Iteration 15. Prompt tuning
14-04-2024
Goal
Can I improve the LB score by using prompt tuning?
Motivation
So far I have no seen leaderboard differences when using different models. I'm able to fine-tune them and learn the train data without any problem but it is hard to improve the LB score. One interesting thing is that I'm able to overfit on the train data using LoRA and just r=1
.
Do I really need fine-tuning for this task? Maybe we can simply learn a good prompt and really on the power of the model to do the task. I believe it is unlikely that with the current scale of data (~1k) the model is going to learn a new task. Thus using the smallest amount possible of parameters could be better.
Development
How to do prompt fine-tuning
- Fine-Tuning Models using Prompt-Tuning with Hugging Face’s PEFT Library. This seems very similar to the LoRA fine-tuning.
- Prompt tuning for causal language modeling, official Hugging Face
- Prompt tuning official documentation
Experiment design
The idea is to take Mistral-7B and do prompt fine-tuning as similar as possible as fine-tuning. I will compare the results to the previous iteration centered on data.
Inference
It seems that load adapter does not work. I have to use the PEFTModel
and created a new notebook to make this submissions.
Results
Shuffle the train dataset
When running multiple experiments with different learning rates and number of virtual tokens I have noticed that the train loss of the different runs had a very similar pattern.
Thus I have realized that the training was not shuffling the data. So maybe I have to revisit previous fine-tuning adding data shuffling.
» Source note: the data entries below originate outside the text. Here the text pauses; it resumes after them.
-- ===== src/Cose/Replay.antt =====
-- internal/coseutil/cose.go, `UpdateLastSeq`: a sequence number is accepted once.
use custom_consensus.Base.{
  ◌≡◌, true, false, inl, inr, List, [], ◌∷◌, Bytes, Text, Map, put, get-put, get-put_self,
  text_eq_iff, Bool-cases, arith,
}
use custom_consensus.Base.Int.{ℤ, ltb_ℤ, ◌≤ℤ◌}
use custom_consensus.Cose.{seq_key, last_seq, update_last_seq, update_all}

last_seq-put :
    (seqs : Map ℤ) (key j : Text) (n : ℤ)
    → last_seq seqs key ≤ℤ n
    → last_seq seqs j ≤ℤ last_seq (put key n seqs) j
unfolding last_seq
last_seq-put seqs key j n h = ground (arith, get-put key j n seqs, text_eq_iff key j)

last_seq-update :
    (seqs : Map ℤ) (dev_id : Text) (kid : Bytes) (n : ℤ) (j : Text)
    → last_seq seqs j ≤ℤ last_seq (update_last_seq seqs dev_id kid n).0 j
unfolding update_last_seq
last_seq-update seqs dev_id kid n j =
    elim (Bool-cases (ltb_ℤ (last_seq seqs (seq_key dev_id kid)) n)) [
      | inl newer ↦
          rw (newer, update_last_seq) (last_seq-put seqs (seq_key dev_id kid) j n (ground arith))
      | inr older ↦ rw (older, update_last_seq) (omega arith)
    ]

last_seq-update_all :
    (calls : List (Text × Bytes × ℤ)) (seqs : Map ℤ) (j : Text)
    → last_seq seqs j ≤ℤ last_seq (update_all seqs calls) j
unfolding update_all
last_seq-update_all [] seqs j = omega arith
last_seq-update_all ((dev_id, kid, n) ∷ calls) seqs j = omega (
  arith,
  last_seq-update seqs dev_id kid n j,
  last_seq-update_all calls (update_last_seq seqs dev_id kid n).0 j,
)

accepted_last :
    (seqs : Map ℤ) (dev_id : Text) (kid : Bytes) (n : ℤ)
    → (update_last_seq seqs dev_id kid n).1 ≡ true
    → last_seq (update_last_seq seqs dev_id kid n).0 (seq_key dev_id kid) ≡ n
unfolding update_last_seq last_seq
accepted_last seqs dev_id kid n e = ground (arith, get-put_self (seq_key dev_id kid) n seqs)

refused_old :
    (seqs : Map ℤ) (dev_id : Text) (kid : Bytes) (n : ℤ)
    → n ≤ℤ last_seq seqs (seq_key dev_id kid)
    → update_last_seq seqs dev_id kid n ≡ (seqs, false)
unfolding update_last_seq
refused_old seqs dev_id kid n h = ground arith

-- After a sequence number is accepted for a device and a key, that number and every smaller one are
-- refused for them, whatever calls come in between, and a refused call changes nothing.
pub update_last_seq_once :
    (seqs : Map ℤ) (dev_id : Text) (kid : Bytes) (n m : ℤ) (calls : List (Text × Bytes × ℤ))
    → (update_last_seq seqs dev_id kid n).1 ≡ true
    → m ≤ℤ n
    → let later = update_all (update_last_seq seqs dev_id kid n).0 calls in
      update_last_seq later dev_id kid m ≡ (later, false)
update_last_seq_once seqs dev_id kid n m calls e h =
    let key = seq_key dev_id kid in
    let now = (update_last_seq seqs dev_id kid n).0 in
    let low : n ≤ℤ last_seq (update_all now calls) key =
      rw (accepted_last seqs dev_id kid n e) at (last_seq-update_all calls now key) in
    refused_old (update_all now calls) dev_id kid m (omega (arith, h, low))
The model trained with shuffled data consistently outperforms the other model.
No improvement on leaderboard
I have made a few submissions and the results did not improve over fine-tuning. Moreover one of the submissions seemed very brittle and a tiny change of adding one space to the submission resulted in very different predictions.
base_model | virtual tokens | train steps | train loss | val loss | LB score |
---|---|---|---|---|---|
mistral | 8 | 250 | 0.97 | 1 | 0.61 |
mistral | 64 | 250 | 1.1 | 1.15 | 0.61 |
mistral | 8 | 1000 | 0.61 | 0.78 | 0.56 |
mixtral | 8 | 1000 | 0.96 | 1 | 0.6 |
Conclusion
Prompt-tuning is not the solution we are looking for.